- What you have to do -
If a line in the listing contains "absurd", copy it out whole.

Segment Open

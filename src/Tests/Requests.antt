-- ===== src/Tests/Requests.antt =====
-- The theorems on the deploy service, the template helpers and the mock handler, at one host, one
-- mock and one request.
use native.Mathlib.Decide.{ℕ_discrete}
use mocko.Base.{
  ℕ, ◌+◌, ◌≤◌, ◌<◌, ◌≡◌, ◌≢◌, ◌↔◌, ◌⊎◌, refl, inl, inr, Text, txt, Bool, true, false, Option, none,
  some, List, [], ◌∷◌, ◌++◌, arith, is_some, or_else, text_eq, if◌then◌else◌, pos,
}
use mocko.Definitions.Data.{Host, Mock}
use mocko.Deploy.{Config, Header, one, deploy}
use mocko.Response.{ResponseData, Value, text, int, get_host}
use mocko.Response.Bounds.{
  HelperCall, call_set_status, call_set_header, call_all, IsStatus, call_all-IsStatus,
}
use mocko.Mocks.{Headers, get_effective_header, handle}
use mocko.Response.Bounds
use mocko.Mocks.Handling.{handle-IsStatus}

abbrev config : Config
config = record { endpoint_enabled = none; secret = none; mode = deploy }

abbrev header : Header
header = one (txt "Bearer s")

abbrev host : Host
host = record {
  id = none;
  slug = txt "api";
  name = none;
  source = txt "api.test";
  destination = some (txt "http://up.test/");
  file_path = none;
}

abbrev start : ResponseData ℕ
start = record {
  status = 200;
  response_headers = [];
  callbacks = [];
  proxy_to = none;
  proxy_label = none;
}

abbrev calls : List HelperCall
calls = call_set_status (int (pos 404)) ∷ call_set_header (text (txt "X-A")) (text (txt "b")) ∷ []

-- a printer for which "1 " is the only body that is JSON
abbrev pretty : Text → Option Text
pretty body = elim (text_eq.dec body (txt "1 ")) [ yes e ↦ some (txt "1") | no n ↦ none ]

abbrev json_headers : Headers
json_headers = (txt "content-type", txt "application/json") ∷ []

abbrev mock : Mock
mock = record {
  id = none;
  name = none;
  source = none;
  file_path = none;
  is_enabled = true;
  method = txt "GET";
  path = txt "/";
  parse = true;
  format = none;
  host = none;
  labels = [];
  response = record { code = 200; delay = none; body = txt "hi"; headers = [] };
}

handle-IsStatus_example : IsStatus 404
unfolding handle call_all Bounds.call mocko.Response.set_status mocko.Response.set_header
    get_effective_header mocko.Base.find_last mocko.Base.Dict.set text_eq ℕ_discrete mocko.Base.trim
handle-IsStatus_example =
    handle-IsStatus pretty [] [] (host ∷ []) (txt "api.test") calls
      (λ (d : ResponseData ℕ). txt "hi") mock none 404
      ((txt "X-A", txt "b") ∷ (txt "Content-Type", txt "text/plain") ∷ []) (txt "hi") []
      (omega arith, omega arith) refl
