-- ===== src/Tests/Rivals.antt =====
-- The theorem on mocko-control/lib/conflict/conflicts.ts, at a host of the UI and one of a file.
use mocko.Base.{
  ◌≡◌, refl, sym, ap, ◌∙◌, inl, inr, Text, txt, none, some, List, [], ◌∷◌, arith, Elem, is_some,
  leb, length, map, to_lower_case, text_eq,
}
use mocko.Base.Dict
use mocko.Control.Hosts.{Host, read_only, is_file_definition}
use mocko.Control.Conflicts.{active, compute_conflicts}
use mocko.Control.Conflicts.Display.{resolve_conflict, to_host_summary}
use mocko.Control.Conflicts.Resolved.{resolve_conflict_lem}
use mocko.Control.Conflicts.Groups.{mark}
use mocko.Control.Conflicts.Reference.{rivals, compute_conflicts_lem}

abbrev ui_host : Host
ui_host = record {
  id = txt "1";
  slug = txt "Pay";
  name = none;
  source = txt "a";
  destination = none;
  file_path = none;
  annotations = [];
}

abbrev file_host : Host
file_host = record {
  id = txt "2";
  slug = txt "pay";
  name = none;
  source = txt "b";
  destination = none;
  file_path = some (txt "hosts.hcl");
  annotations = read_only ∷ [];
}

abbrev hosts : List Host
hosts = ui_host ∷ file_host ∷ []

abbrev host_id : Host → Text
host_id host = host.id

abbrev slug_key : Host → Text
slug_key host = to_lower_case host.slug

different : txt "1" ≡ txt "2" → ⊥
different e = ground arith

unique : (x y : Host) → Elem x hosts → Elem y hosts → x.id ≡ y.id → x ≡ y
unique x y (inl e) (inl f) h = e ∙ sym f
unique x y (inl e) (inr (inl f)) h = absurd (different (sym (ap host_id e) ∙ (h ∙ ap host_id f)))
unique x y (inr (inl e)) (inl f) h =
    absurd (different (sym (ap host_id f) ∙ (sym h ∙ ap host_id e)))
unique x y (inr (inl e)) (inr (inl f)) h = e ∙ sym f
unique x y (inl e) (inr (inr n)) h = elim n [ ]
unique x y (inr (inl e)) (inr (inr n)) h = elim n [ ]
unique x y (inr (inr n)) _ h = elim n [ ]

compute_conflicts_lem_example :
    (Dict.get (txt "1") (compute_conflicts host_id is_file_definition slug_key hosts)
      ≡ mark host_id is_file_definition slug_key
          (rivals host_id is_file_definition slug_key ui_host hosts)
          (txt "1"))
    × (is_some (Dict.get (txt "1") (compute_conflicts host_id is_file_definition slug_key hosts))
        ≡ leb 2 (length (rivals host_id is_file_definition slug_key ui_host hosts)))
compute_conflicts_lem_example =
    compute_conflicts_lem host_id is_file_definition slug_key hosts unique ui_host (inl refl)

resolve_conflict_lem_example :
    (related : List Host) × (((x : Host) → Elem x related → Elem x hosts × (slug_key x ≡ txt "pay"))
      × ((txt "2" ∷ [] ≡ map host_id related)
          × (resolve_conflict host_id to_host_summary
                (txt "1")
                (compute_conflicts host_id is_file_definition slug_key hosts)
                hosts
              ≡ some (record { role = active; related = map to_host_summary related }))))
unfolding compute_conflicts Dict.get Dict.set text_eq to_lower_case native.Mathlib.Decide.ℕ_discrete
resolve_conflict_lem_example =
    resolve_conflict_lem host_id is_file_definition slug_key to_host_summary hosts unique ui_host
      (record { role = active; related = txt "2" ∷ [] }) (inl refl) refl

Segment Closed

- Solution to the exercise -
unique x y (inl e) (inr (inl f)) h = absurd (different (sym (ap host_id e) ∙ (h ∙ ap host_id f)))
    absurd (different (sym (ap host_id f) ∙ (sym h ∙ ap host_id e)))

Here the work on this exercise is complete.